-------- EXTRACTED RECORDS

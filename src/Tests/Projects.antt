-- ===== src/Tests/Projects.antt =====
-- The trust mark and the approval command at concrete inputs.
use runclaude.Prelude.{some, ◌≡◌, ◌&&◌, ◌||◌, refl, true, List, [], ◌∷◌, none, All, if◌then◌else◌}
use runclaude.Text.{Bytes, codes, bytes_eq, has_suffix, trim_suffix, trim_space, to_lower}
use runclaude.Mountinfo.{trim_slashes}
use runclaude.Dict.{Dict, lookup, insert}
use runclaude.Json.{Json, bool, num, object, as_map}
use runclaude.Trust.{is_true, is_trusted, trust_project, trust_root}
use runclaude.Trust.Marked.{project, trust_root-marks}
use runclaude.Proxy.Allowlist.{new_allowlist}
use runclaude.Proxy.Approver.{host_key, new_approver}
use runclaude.Session.{SessionInfo}
use runclaude.Session.Approve.{Servers, approve_sessions}
use runclaude.Session.Approve.Granted.{Allowed}
use runclaude.Session.Approve.Command.{address, approve_sessions-granted}

-- a file with one project, that is half trusted
abbrev half : Dict Json
half = (codes "hasTrustDialogAccepted", bool true) ∷ []

abbrev root : Dict Json
root =
    (codes "numStartups", num (codes "3"))
    ∷ (codes "projects", object ((codes "/w", object half) ∷ []))
    ∷ []

abbrev marked : Dict Json
marked =
    (codes "numStartups", num (codes "3"))
    ∷ (
      codes "projects",
      object (
          (
            codes "/w",
            object (
                (codes "hasTrustDialogAccepted", bool true)
                ∷ (codes "hasCompletedProjectOnboarding", bool true)
                ∷ []),
          )
          ∷ []),
    )
    ∷ []

trust_root-marks_example :
    (trust_root (codes "/w") marked ≡ none)
    × (lookup (codes "allowedTools") (project (codes "/w") marked) ≡ (
        if bytes_eq (codes "/w") (codes "/w")
          && (bytes_eq (codes "hasTrustDialogAccepted") (codes "allowedTools")
              || bytes_eq (codes "hasCompletedProjectOnboarding") (codes "allowedTools"))
        then some (bool true)
        else lookup (codes "allowedTools") (project (codes "/w") root)))
    × (lookup (codes "numStartups") marked ≡ lookup (codes "numStartups") root)
unfolding trust_root is_trusted trust_project is_true as_map lookup insert bytes_eq
trust_root-marks_example =
    trust_root-marks (codes "/w") (codes "/w") (codes "allowedTools") (codes "numStartups") root
      refl refl

-- a URL leads to the server of its front, and to `/approve`
abbrev route : Bytes → Bytes × Bytes
route u =
    if has_suffix u (codes "/approve")
    then (trim_suffix u (codes "/approve"), codes "/approve")
    else (u, [])

abbrev session : SessionInfo
session = record {
  pid = 7;
  tty = [];
  term = [];
  tmux_pane = [];
  title = [];
  command = [];
  approve_url = codes "http://127.0.0.1:99";
}

abbrev servers : Servers
servers = (codes "http://127.0.0.1:99", new_approver (new_allowlist [])) ∷ []

abbrev hosts : List Bytes
hosts = codes "Example.org " ∷ []

approve_sessions-granted_example :
    ((approve_sessions route (session ∷ []) hosts 5 (servers, 0)).1 ≡ 0)
    × All
        (λ i.
          All
            (λ h.
              Allowed 5
                (address route 5 i)
                (host_key h)
                (approve_sessions route (session ∷ []) hosts 5 (servers, 0)).0)
            hosts)
        (session ∷ [])
unfolding has_suffix lookup trim_suffix trim_space trim_slashes to_lower
approve_sessions-granted_example =
    approve_sessions-granted route 5 (session ∷ []) hosts servers 0 ((refl, refl), tt) (refl, tt)
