-- ===== src/Flow/Reduce/Shape/Templates.antt =====
-- The shape of the template of each reducible node.
use aderyn.Prelude.{
  ℕ, Bool, true, ◌&&◌, Option, none, some, List, [], ◌∷◌, ◌≡◌, refl, arith, length, ltb, ltb→lt,
}
use aderyn.Flow.Ast.{
  no_body, some_body, if_of, while_of, for_of, do_while_of, AstNode, block_node,
  unchecked_block_node, if_node, while_node, for_node, do_while_node, other, Context,
}
use aderyn.Flow.Node
use aderyn.Flow.Node.{CfgNodeDescriptor, is_reducible}
use aderyn.Flow.Cfg.Template.{Template}
use aderyn.Flow.Reducibles.{block_statements, unchecked_statements}
use aderyn.Flow.Reducibles.For.{for_template}
use aderyn.Flow.Reduce.Descriptor.{template_of, missing_template}
use aderyn.Prelude.Leads.{Leads, here, step}
use aderyn.Flow.Reduce.Shape.{joins, InRange, Wired, row_template-Wired}

abbrev in_range_test : ℕ → List (ℕ × ℕ) → Bool
in_range_test n [] = true
in_range_test n ((i, j) ∷ es) = (ltb i n && ltb j n) && in_range_test n es

in_range_test-InRange : (n : ℕ) (es : List (ℕ × ℕ)) → in_range_test n es ≡ true → InRange n es
in_range_test-InRange n [] h = tt
in_range_test-InRange n ((i, j) ∷ es) h = (ground arith, in_range_test-InRange n es (ground arith))

-- a template that is written out
wired :
    {t : Template}
    → in_range_test (length t.nodes) t.edges ≡ true
    → ltb 1 (length t.nodes) ≡ true
    → Leads (joins t.edges) 0 1
    → Wired t
wired {t} h e p = record {
  in_range = in_range_test-InRange (length t.nodes) t.edges h;
  ends = ltb→lt 1 _ e;
  through = p;
}

abbrev HasWired : Context → CfgNodeDescriptor → Type 0
HasWired nodes d = Wired (template_of nodes d)

missing-Wired : (s e : CfgNodeDescriptor) → Wired (missing_template s e)
missing-Wired s e = wired refl refl (step refl here)

for-Wired :
    (id : ℕ) (n c x : Option CfgNodeDescriptor) (b : CfgNodeDescriptor)
    → Wired (for_template id n c x b)
for-Wired id none none none b =
    wired refl refl (
      step {b = 2} refl
        (step {b = 3} refl (step {b = 4} refl (step {b = 5} refl (step refl here)))))
for-Wired id none none (some x) b =
    wired refl refl (
      step {b = 2} refl
        (step {b = 3} refl (step {b = 4} refl (step {b = 5} refl (step refl here)))))
for-Wired id none (some c) none b = wired refl refl (
    step {b = 2} refl (
      step {b = 3} refl
        (step {b = 4} refl (step {b = 6} refl (step {b = 5} refl (step refl here))))))
for-Wired id none (some c) (some x) b = wired refl refl (
    step {b = 2} refl (
      step {b = 3} refl
        (step {b = 4} refl (step {b = 6} refl (step {b = 5} refl (step refl here))))))
for-Wired id (some n) none none b = wired refl refl (
    step {b = 2} refl (
      step {b = 4} refl
        (step {b = 3} refl (step {b = 5} refl (step {b = 6} refl (step refl here))))))
for-Wired id (some n) none (some x) b = wired refl refl (
    step {b = 2} refl (
      step {b = 4} refl
        (step {b = 3} refl (step {b = 5} refl (step {b = 6} refl (step refl here))))))
for-Wired id (some n) (some c) none b = wired refl refl (
    step {b = 2} refl (
      step {b = 4} refl (
        step {b = 3} refl
          (step {b = 5} refl (step {b = 7} refl (step {b = 6} refl (step refl here)))))))
for-Wired id (some n) (some c) (some x) b = wired refl refl (
    step {b = 2} refl (
      step {b = 4} refl (
        step {b = 3} refl
          (step {b = 5} refl (step {b = 7} refl (step {b = 6} refl (step refl here)))))))

module _ (nodes : Context) (i : ℕ) where
  if-Wired : (o : Option AstNode) → nodes i ≡ o → HasWired nodes (Node.if_statement i)
  if-Wired (some (if_node (if_of c t no_body j))) e = rw e (
      wired refl refl (
        step {b = 2} refl (
          step {b = 4} refl (
            step {b = 3} refl
              (step {b = 5} refl (step {b = 7} refl (step {b = 6} refl (step refl here))))))))
  if-Wired (some (if_node (if_of c t (some_body f) j))) e = rw e (
      wired refl refl (
        step {b = 2} refl (
          step {b = 4} refl (
            step {b = 3} refl
              (step {b = 5} refl (step {b = 7} refl (step {b = 6} refl (step refl here))))))))
  if-Wired none e = rw e (missing-Wired _ _)
  if-Wired (some (block_node b)) e = rw e (missing-Wired _ _)
  if-Wired (some (unchecked_block_node b)) e = rw e (missing-Wired _ _)
  if-Wired (some (while_node b)) e = rw e (missing-Wired _ _)
  if-Wired (some (for_node b)) e = rw e (missing-Wired _ _)
  if-Wired (some (do_while_node b)) e = rw e (missing-Wired _ _)
  if-Wired (some other) e = rw e (missing-Wired _ _)

  while-Wired : (o : Option AstNode) → nodes i ≡ o → HasWired nodes (Node.while_statement i)
  while-Wired (some (while_node (while_of c b j))) e =
      rw e (
        wired refl refl
          (step {b = 2} refl (step {b = 4} refl (step {b = 3} refl (step refl here)))))
  while-Wired none e = rw e (missing-Wired _ _)
  while-Wired (some (block_node b)) e = rw e (missing-Wired _ _)
  while-Wired (some (unchecked_block_node b)) e = rw e (missing-Wired _ _)
  while-Wired (some (if_node b)) e = rw e (missing-Wired _ _)
  while-Wired (some (for_node b)) e = rw e (missing-Wired _ _)
  while-Wired (some (do_while_node b)) e = rw e (missing-Wired _ _)
  while-Wired (some other) e = rw e (missing-Wired _ _)

  for_node-Wired : (o : Option AstNode) → nodes i ≡ o → HasWired nodes (Node.for_statement i)
  for_node-Wired (some (for_node (for_of n c x b j))) e = rw e (for-Wired i _ _ _ _)
  for_node-Wired none e = rw e (missing-Wired _ _)
  for_node-Wired (some (block_node b)) e = rw e (missing-Wired _ _)
  for_node-Wired (some (unchecked_block_node b)) e = rw e (missing-Wired _ _)
  for_node-Wired (some (if_node b)) e = rw e (missing-Wired _ _)
  for_node-Wired (some (while_node b)) e = rw e (missing-Wired _ _)
  for_node-Wired (some (do_while_node b)) e = rw e (missing-Wired _ _)
  for_node-Wired (some other) e = rw e (missing-Wired _ _)

  do_while-Wired : (o : Option AstNode) → nodes i ≡ o → HasWired nodes (Node.do_while_statement i)
  do_while-Wired (some (do_while_node (do_while_of b c j))) e = rw e (
      wired refl refl (
        step {b = 2} refl (
          step {b = 4} refl (
            step {b = 3} refl
              (step {b = 5} refl (step {b = 7} refl (step {b = 6} refl (step refl here))))))))
  do_while-Wired none e = rw e (missing-Wired _ _)
  do_while-Wired (some (block_node b)) e = rw e (missing-Wired _ _)
  do_while-Wired (some (unchecked_block_node b)) e = rw e (missing-Wired _ _)
  do_while-Wired (some (if_node b)) e = rw e (missing-Wired _ _)
  do_while-Wired (some (while_node b)) e = rw e (missing-Wired _ _)
  do_while-Wired (some (for_node b)) e = rw e (missing-Wired _ _)
  do_while-Wired (some other) e = rw e (missing-Wired _ _)

pub template_of-Wired :
    (nodes : Context) (d : CfgNodeDescriptor) → is_reducible d ≡ true → HasWired nodes d
template_of-Wired nodes (Node.block i) r = row_template-Wired _ _ (block_statements (nodes i))
template_of-Wired nodes (Node.unchecked_block i) r =
    row_template-Wired _ _ (unchecked_statements (nodes i))
template_of-Wired nodes (Node.if_statement i) r = if-Wired nodes i (nodes i) refl
template_of-Wired nodes (Node.while_statement i) r = while-Wired nodes i (nodes i) refl
template_of-Wired nodes (Node.for_statement i) r = for_node-Wired nodes i (nodes i) refl
template_of-Wired nodes (Node.do_while_statement i) r = do_while-Wired nodes i (nodes i) refl
template_of-Wired nodes d r = cc
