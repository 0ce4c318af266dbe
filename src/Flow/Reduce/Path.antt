-- ===== src/Flow/Reduce/Path.antt =====
-- A path through a node that is replaced becomes a path through its template.
use aderyn.Prelude.{
  ℕ, suc, ◌+◌, ◌<◌, inl, inr, true, false, List, [], ◌∷◌, ◌≡◌, ◌∙◌, subst, arith, ◌==◌, contains,
  Bool-cases,
}
use aderyn.Flow.Cfg.{Cfg}
use aderyn.Flow.Cfg.Template.{Template, targets}
use aderyn.Flow.Cfg.Edges.{edge}
use aderyn.Flow.Reduce.Replace.{Replaced}
use aderyn.Prelude.Leads.{Leads, here, step, Leads-along, Leads-append}
use aderyn.Flow.Reduce.Shape.{joins, Wired}

targets-joins :
    (n i j : ℕ) (es : List (ℕ × ℕ))
    → joins es i j ≡ true
    → contains (targets n (n + i) es) (n + j) ≡ true
targets-joins n i j [] h = h
targets-joins n i j ((k, l) ∷ es) h = ground (arith, targets-joins n i j es)

module _ (g h : Cfg) (c : ℕ) (t : Template) (below : c < g.next_available_id) (w : Wired t)
    (r : Replaced g c t h) where
  across : Leads (edge h) g.next_available_id (suc g.next_available_id)
  across =
      let n = g.next_available_id in
      let p =
        Leads-along {F = edge h} (λ i. n + i)
          (λ i j e. r.edges (n + i) (n + j) ∙ ground (arith, targets-joins n i j t.edges e, below))
          w.through in
      let z : n + 0 ≡ n = omega arith in
      let o : n + 1 ≡ suc n = omega arith in
      subst (λ x. Leads (edge h) x (suc n)) z (subst (λ x. Leads (edge h) (n + 0) x) o p)

  -- from the end of the template where the path begins at the node itself
  leads :
      {a b : ℕ}
      → Leads (edge g) a b
      → (c == b) ≡ false
      → ((c == a) ≡ false → Leads (edge h) a b)
        × ((c == a) ≡ true → Leads (edge h) (suc g.next_available_id) b)
  leads here o = (λ _. here, λ s. ground (arith, s, o))
  leads (step {a = a} {b = x} e p) o =
      let (other, same) = leads p o in
      let n = g.next_available_id in
      elim (Bool-cases (c == x)) [
        | inl s ↦ (
          (λ o'.
              step (r.edges a n ∙ ground (arith, e, s, o', below)) (Leads-append across (same s))),
          λ _. same s,
        )
        | inr n' ↦ (
          (λ o'. step (r.edges a x ∙ ground (arith, e, n', o')) (other n')),
          λ s. step (r.edges (suc n) x ∙ ground (arith, e, n', s, below)) (other n'),
        )
      ]

  pub Replaced-Leads :
      {a b : ℕ} → (c == a) ≡ false → (c == b) ≡ false → Leads (edge g) a b → Leads (edge h) a b
  Replaced-Leads o o' p = (leads p o').0 o
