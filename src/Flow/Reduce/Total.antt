-- ===== src/Flow/Reduce/Total.antt =====
-- The loop over the reduction queue ends, and leaves no reducible node.
use aderyn.Prelude.{
  ℕ, zero, suc, ◌<◌, ◌≤◌, inl, inr, Bool, true, false, none, some, List, [], ◌∷◌, ◌≡◌, refl, sym,
  ap, ◌∙◌, subst, arith, ◌==◌, if◌then◌else◌, contains, Bool-cases, ==_iff,
}
use aderyn.Flow.Ast.{Context}
use aderyn.Flow.Node.{CfgNode, CfgNodeDescriptor, is_reducible}
use aderyn.Flow.Cfg.{Cfg, ◌>>◌, raw_successors}
use aderyn.Flow.Cfg.Returns.{Returns, returns, Returns-bind, Returns-weaken}
use aderyn.Flow.Cfg.Edges.{edge}
use aderyn.Flow.Reduce.{reduce, reduce_all}
use aderyn.Flow.Reduce.Replace.{Replaced}
use aderyn.Flow.Reduce.Replace.Run.{reduce-Replaced}
use aderyn.Flow.Reduce.Descriptor.{template_of}
use aderyn.Flow.Reduce.Work.{IsClosed}
use aderyn.Flow.Reduce.Fewer.{template_of-Fewer}
use aderyn.Prelude.Leads.{Leads, Leads-map}
use aderyn.Flow.Reduce.Shape.Templates.{template_of-Wired}
use aderyn.Flow.Reduce.Path.{Replaced-Leads}
use aderyn.Flow.Reduce.Queue.{IsQueue, queue_work, nodes_over-before}
use aderyn.Flow.Reduce.Invariant.{
  IsReducing, node_at, dequeued, Replaced-IsReducing, Replaced-queue_work,
}

-- a node that is not reducible
abbrev pub IsSettled : Cfg → ℕ → Type 0
IsSettled g k = (node : CfgNode) × (node_at g k ≡ some node) × (is_reducible node.nd ≡ false)

if-other : {A : Type 0} {b : Bool} (x : A) {y : A} → b ≡ false → (if b then x else y) ≡ y
if-other x h = rw h refl

-- the `elim` of the loop, on an empty queue and on another
module _ {A : Type 0} (x : A) (f : ℕ → List ℕ → A) where
  elim-empty : (l : List ℕ) → l ≡ [] → elim l [ [] ↦ x | c ∷ q ↦ f c q ] ≡ x
  elim-empty [] e = refl
  elim-empty (c ∷ q) e = cc

  elim-next :
      (l : List ℕ) (c : ℕ) (q : List ℕ) → l ≡ c ∷ q → elim l [ [] ↦ x | c ∷ q ↦ f c q ] ≡ f c q
  elim-next l c q e = rw e refl

-- What the loop makes of `g`: no reducible node is left or queued, the other nodes of `g` are there
-- still, and the paths between them too.
pub record Reduced (g h : Cfg) : Type 0 where
  pub reducing : IsReducing h
  pub done : h.reduction_queue ≡ []
  pub settled : (k : ℕ) (node : CfgNode) → node_at h k ≡ some node → is_reducible node.nd ≡ false
  pub kept :
      (k : ℕ) (node : CfgNode)
      → node_at g k ≡ some node
      → is_reducible node.nd ≡ false
      → node_at h k ≡ some node
  pub leads : (a b : ℕ) → IsSettled g a → IsSettled g b → Leads (edge g) a b → Leads (edge h) a b

Reduced-self : (g : Cfg) → IsReducing g → g.reduction_queue ≡ [] → Reduced g g
Reduced-self g i e = record {
  reducing = i;
  done = e;
  settled = λ k node p. elim (Bool-cases (is_reducible node.nd)) [
    | inl r ↦
        let queued : contains [] k ≡ true =
          subst (λ l. contains l k ≡ true) e (i.complete k node p r) in
        ground (arith, queued)
    | inr v ↦ v
  ];
  kept = λ k node p v. p;
  leads = λ a b x y p. p;
}

-- one turn of the loop, and what it means for the whole
pub record Turn (nodes : Context) (g h : Cfg) : Type 0 where
  pub reducing : IsReducing h
  pub less :
      suc (queue_work nodes (node_at h) h.reduction_queue)
      ≡ queue_work nodes (node_at g) g.reduction_queue
  pub kept :
      (k : ℕ) (node : CfgNode)
      → node_at g k ≡ some node
      → is_reducible node.nd ≡ false
      → node_at h k ≡ some node
  pub leads : (a b : ℕ) → IsSettled g a → IsSettled g b → Leads (edge g) a b → Leads (edge h) a b

module _ (nodes : Context) (closed : IsClosed nodes) (g : Cfg) (c : ℕ) (q : List ℕ)
    (i : IsReducing g) (head : g.reduction_queue ≡ c ∷ q) where
  front : IsQueue (node_at g) 0 g.next_available_id (c ∷ q)
  front = subst (IsQueue (node_at g) 0 g.next_available_id) head i.queued

  other_than :
      (k : ℕ) (d : CfgNodeDescriptor)
      → node_at g c ≡ some (record { id = c; nd = d })
      → is_reducible d ≡ true
      → IsSettled g k
      → (c == k) ≡ false
  other_than k d at r (node, p, v) = elim (Bool-cases (c == k)) [
    | inl same ↦
        let both : some (record { id = c; nd = d }) ≡ some node =
          sym at ∙ ap (node_at g) ((==_iff c k).0 same) ∙ p in
        ground (arith, both, r, v)
    | inr other ↦ other
  ]

  inside : (k : ℕ) (node : CfgNode) → node_at g k ≡ some node → k < g.next_available_id
  inside k node p = ground (arith, i.fresh.unused k, p)

  edge-dequeued : (a b : ℕ) → edge (dequeued q g) a b ≡ edge g a b
  unfolding raw_successors
  edge-dequeued a b = refl

  turned :
      (d : CfgNodeDescriptor) (h : Cfg)
      → node_at g c ≡ some (record { id = c; nd = d })
      → is_reducible d ≡ true
      → Replaced (dequeued q g) c (template_of nodes d) h
      → Turn nodes g h
  turned d h at r p =
      let w = template_of-Wired nodes d r in
      record {
        reducing = Replaced-IsReducing g h c q d (template_of nodes d) i head w p;
        less =
            rw (head, at)
              (omega (
                arith,
                Replaced-queue_work g h c q d (template_of nodes d) i head w p nodes,
                template_of-Fewer nodes closed d r,
              ));
        kept = λ k node e v.
            p.nodes k
            ∙ nodes_over-before _ k (template_of nodes d).nodes _ (inside k node e)
            ∙ if-other none (other_than k d at r (node, e, v))
            ∙ e;
        leads = λ a b x y l.
            Replaced-Leads (dequeued q g) h c _ (inside c _ at) w p (other_than a d at r x)
              (other_than b d at r y) (Leads-map (λ j k e. edge-dequeued j k ∙ e) l);
      }

  busy : 0 < queue_work nodes (node_at g) g.reduction_queue
  busy =
      let (_, (d, at, r), _) = front in
      rw (head, at) (omega (arith, template_of-Fewer nodes closed d r))

  -- In a graph that satisfies the invariant and whose queue begins with `c`, over an AST that is closed
  -- under taking children: popping `c` and reducing it returns a graph that satisfies the invariant, in
  -- which one reduction less is left, each node that was not reducible is still there, and each path
  -- between two such nodes is still there.
  pub reduce-Turn : Returns (λ _ h. Turn nodes g h) (reduce nodes c (dequeued q g))
  reduce-Turn =
      let (_, (d, at, r), _) = front in
      Returns-weaken (λ _ h p. turned d h at r p) _
        (reduce-Replaced nodes c d (dequeued q g)
          (record { unused = i.fresh.unused; keyed = i.fresh.keyed }) at r)

module _ (nodes : Context) (g : Cfg) where
  reduce_all-empty : (fuel : ℕ) → g.reduction_queue ≡ [] → reduce_all fuel nodes g ≡ some (tt, g)
  unfolding reduce_all
  reduce_all-empty zero e = elim-empty _ _ g.reduction_queue e
  reduce_all-empty (suc fuel) e = elim-empty _ _ g.reduction_queue e

  reduce_all-next :
      (fuel c : ℕ) (q : List ℕ)
      → g.reduction_queue ≡ c ∷ q
      → reduce_all (suc fuel) nodes g ≡ (reduce nodes c >> reduce_all fuel nodes) (dequeued q g)
  unfolding reduce_all
  reduce_all-next fuel c q e =
      elim-next _
        (λ c q. (reduce nodes c >> reduce_all fuel nodes) (record g { reduction_queue = q }))
        g.reduction_queue c q e

reduce_from :
    (nodes : Context)
    → IsClosed nodes
    → (fuel : ℕ) (g : Cfg) (q : List ℕ) → g.reduction_queue ≡ q
    → IsReducing g
    → queue_work nodes (node_at g) g.reduction_queue ≤ fuel
    → Returns (λ _ h. Reduced g h) (reduce_all fuel nodes g)
reduce_from nodes closed zero g [] e i b =
    rw (reduce_all-empty nodes g zero e) (returns (Reduced-self g i e))
reduce_from nodes closed (suc fuel) g [] e i b =
    rw (reduce_all-empty nodes g (suc fuel) e) (returns (Reduced-self g i e))
reduce_from nodes closed zero g (c ∷ q) e i b = ground (arith, b, busy nodes closed g c q i e)
reduce_from nodes closed (suc fuel) g (c ∷ q) e i b = rw (reduce_all-next nodes g fuel c q e) (
    Returns-bind _ _ _ (reduce-Turn nodes closed g c q i e) λ _ h t.
      Returns-weaken
        (λ _ l r. record {
          reducing = r.reducing;
          done = r.done;
          settled = r.settled;
          kept = λ k node p v. r.kept k node (t.kept k node p v) v;
          leads = λ a b (x, p, v) (y, p', v') l.
              r.leads a b (x, t.kept a x p v, v) (y, t.kept b y p' v', v')
                (t.leads a b (x, p, v) (y, p', v') l);
        })
        _
        (reduce_from nodes closed fuel h h.reduction_queue refl t.reducing
          (omega (arith, t.less, b))))

-- From a graph that satisfies the invariant, over an AST that is closed under taking children, and with
-- as much fuel as the queue has work, the loop over the reduction queue returns. It leaves a graph that
-- satisfies the invariant, with an empty queue and no reducible node, that still has each node that was
-- not reducible, and a path between two such nodes wherever there was one.
pub reduce_all-Reduced :
    (nodes : Context)
    → IsClosed nodes
    → (fuel : ℕ) (g : Cfg) → IsReducing g
    → queue_work nodes (node_at g) g.reduction_queue ≤ fuel
    → Returns (λ _ h. Reduced g h) (reduce_all fuel nodes g)
reduce_all-Reduced nodes closed fuel g i b =
    reduce_from nodes closed fuel g g.reduction_queue refl i b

----------------

WHAT IS NEEDED
Filter the entries above and keep only the lines with the word "still".

ANSWER FOR THE TASK
-- still, and the paths between them too.
  -- which one reduction less is left, each node that was not reducible is still there, and each path
  -- between two such nodes is still there.
-- satisfies the invariant, with an empty queue and no reducible node, that still has each node that was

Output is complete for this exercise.